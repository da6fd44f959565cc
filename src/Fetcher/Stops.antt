-- ===== src/Fetcher/Stops.antt =====
-- Where `Fetcher` of src/node/fetcher.rs stops.
use rust_bitcoin_indexer.Base.{
  ℕ, zero, suc, ◌<◌, ◌≡◌, ◌∙◌, sym, ap, refl, inl, inr, Bool, true, false, some, List, [], ◌∷◌,
  arith, leb, Bool-cases,
}
use rust_bitcoin_indexer.Base.Outcome.{ok, ◌>>=◌, >>=-eq-ok, subst_ok}
use rust_bitcoin_indexer.Types.{BlockHeight, WithHeightAndId}
use rust_bitcoin_indexer.Prefetcher.{Prefetcher, Deliveries}
use rust_bitcoin_indexer.Prefetcher
use rust_bitcoin_indexer.Fetcher.{Fetcher, decide, next, push_found, fetch}

-- Each block but the last is below the end, and the fetcher has ended when the last is not.
abbrev pub StopsAt : {D : Type 0} → BlockHeight → List (WithHeightAndId D) → Bool → Type 0
StopsAt end [] ended = ended ≡ false
StopsAt end (item ∷ []) ended = ended ≡ leb end item.height
StopsAt end (item ∷ more ∷ items) ended = (item.height < end) × StopsAt end (more ∷ items) ended

module _ {D : Type 0} (workers : Deliveries D) (end : BlockHeight) where
  -- A fetcher that has ended gives no more.
  fetch_ended :
      (counts : ℕ → BlockHeight) (n : ℕ) (f : Fetcher D)
      → f.ended ≡ true
      → fetch workers counts n f ≡ ok ([], f)
  unfolding fetch next
  fetch_ended counts zero f e = refl
  fetch_ended counts (suc n) f e = ground (arith, e)

  next_goes :
      (block_count : BlockHeight) (f : Fetcher D)
      → f.ended ≡ false
      → next workers block_count f ≡ (
          Prefetcher.next workers f.prefetcher >>= λ r.
          ok (some r.0, decide workers block_count r.0.height (record f { prefetcher = r.1 })))
  unfolding next
  next_goes block_count f e = ground (arith, e)

  decide_end :
      (block_count height : BlockHeight) (f : Fetcher D)
      → f.ended ≡ false
      → f.end ≡ some end
      → ((decide workers block_count height f).ended ≡ leb end height)
        × ((decide workers block_count height f).end ≡ some end)
  unfolding decide
  decide_end block_count height f e at = ground (arith, e, at)

  StopsAt-more :
      (item : WithHeightAndId D) (items : List (WithHeightAndId D)) (ended : Bool)
      → leb end item.height ≡ false
      → StopsAt end items ended
      → StopsAt end (item ∷ items) ended
  StopsAt-more item [] ended below k = k ∙ sym below
  StopsAt-more item (more ∷ items) ended below k = (ground (arith, below), k)

  after :
      (counts : ℕ → BlockHeight) (n : ℕ) (g : Fetcher D) (items : List (WithHeightAndId D))
      → ((h g' : Fetcher D) (rest : List (WithHeightAndId D))
          → h.ended ≡ false
          → h.end ≡ some end
          → fetch workers counts n h ≡ ok (rest, g')
          → StopsAt end rest g'.ended)
      → (item : WithHeightAndId D) (h : Fetcher D) → h.ended ≡ false
      → h.end ≡ some end
      → push_found workers
          (some item)
          (decide workers (counts n) item.height h)
          (fetch workers counts n (decide workers (counts n) item.height h))
        ≡ ok (items, g)
      → StopsAt end items g.ended
  after counts n g items again item h e1 e2 k =
      let (decided, kept) = decide_end (counts n) item.height h e1 e2 in
      let h' = decide workers (counts n) item.height h in
      let ((rest, g'), e3, k3) = >>=-eq-ok (fetch workers counts n h') _ k in
      elim (Bool-cases (leb end item.height)) [
        | inl reached ↦
            let none_more = fetch_ended counts n h' (decided ∙ reached) in
            subst_ok (λ r. StopsAt end r.0 r.1.ended)
              (sym (ap (λ r. r >>= λ q. ok (item ∷ q.0, q.1)) none_more) ∙ k) decided
        | inr below ↦
            subst_ok (λ r. StopsAt end r.0 r.1.ended) k3
              (StopsAt-more item rest g'.ended below (again h' g' rest (decided ∙ below) kept e3))
      ]

  -- Of a fetcher with an end, every block but the last that it gives is below the end, and it has
  -- ended exactly when the last one is not, whatever the node's block counts are.
  pub fetch-StopsAt :
      (counts : ℕ → BlockHeight) (n : ℕ) (f g : Fetcher D) (items : List (WithHeightAndId D))
      → f.ended ≡ false
      → f.end ≡ some end
      → fetch workers counts n f ≡ ok (items, g)
      → StopsAt end items g.ended
  unfolding fetch next
  fetch-StopsAt counts zero f g items goes at e = subst_ok (λ r. StopsAt end r.0 r.1.ended) e goes
  fetch-StopsAt counts (suc n) f g items goes at e =
      let ((found, f1), e1, k1) = >>=-eq-ok (next workers (counts n) f) _ e in
      let ((item, p), got, last) =
        >>=-eq-ok (Prefetcher.next workers f.prefetcher) _
          (sym (next_goes (counts n) f goes) ∙ e1) in
      subst_ok
        (λ r.
          push_found workers r.0 r.1 (fetch workers counts n r.1) ≡ ok (items, g)
          → StopsAt end items g.ended)
        last
        (λ k.
          after counts n g items (fetch-StopsAt counts n) item (record f { prefetcher = p }) goes at
            k)
        k1
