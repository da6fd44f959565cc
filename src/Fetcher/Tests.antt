-- ===== src/Fetcher/Tests.antt =====
-- A fetcher of src/node/fetcher.rs that ends at height 1.
use rust_bitcoin_indexer.Base.{◌≡◌, refl, false, none, some, List, [], ◌∷◌}
use rust_bitcoin_indexer.Base.Outcome.{ok}
use rust_bitcoin_indexer.BTreeMap.{get, insert, remove}
use rust_bitcoin_indexer.Types.{BlockHeight, BlockHash, WithHeightAndId, RpcBlockWithPrevId}
use rust_bitcoin_indexer.Prefetcher.{
  Deliveries, take_item, receive, track_reorgs, is_reorg, record_hash,
}
use rust_bitcoin_indexer.Prefetcher
use rust_bitcoin_indexer.Fetcher.{Fetcher, new, next, fetch, decide}
use rust_bitcoin_indexer.Fetcher.Stops.{StopsAt, fetch-StopsAt}

abbrev item : BlockHeight → BlockHash → RpcBlockWithPrevId BlockHash
item height id = record {
  block = record { height = height; id = id; payload = id };
  prev_block_id = height;
}

-- Three blocks, the ids being one more than the heights.
abbrev sends : Deliveries BlockHash
sends session threads height = item 1 2 ∷ item 0 1 ∷ item 2 3 ∷ []

made : (f : Fetcher BlockHash) × (new sends 1 9 none (some 1) ≡ ok f)
unfolding new Prefetcher.new
made = (_, refl)

open_end : (made.0.ended ≡ false) × (made.0.end ≡ some 1)
unfolding made
open_end = (refl, refl)

three_calls :
    (r : List (WithHeightAndId BlockHash) × Fetcher BlockHash) × (fetch sends (λ _. 9) 3 made.0
      ≡ ok r)
unfolding made fetch next decide Prefetcher.next take_item receive track_reorgs is_reorg record_hash
    get insert remove
three_calls = (_, refl)

fetch-StopsAt_example : StopsAt 1 three_calls.0.0 three_calls.0.1.ended
fetch-StopsAt_example =
    fetch-StopsAt sends 1 (λ _. 9) 3 made.0 three_calls.0.1 three_calls.0.0 open_end.0 open_end.1
      three_calls.1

§

ASSIGNMENT - Your answer must consist of every line in the listing that contains "Bool".

SOLVED PROBLEM -
  ℕ, zero, suc, ◌<◌, ◌≡◌, ◌∙◌, sym, ap, refl, inl, inr, Bool, true, false, some, List, [], ◌∷◌,
  arith, leb, Bool-cases,
abbrev pub StopsAt : {D : Type 0} → BlockHeight → List (WithHeightAndId D) → Bool → Type 0
      (item : WithHeightAndId D) (items : List (WithHeightAndId D)) (ended : Bool)
      elim (Bool-cases (leb end item.height)) [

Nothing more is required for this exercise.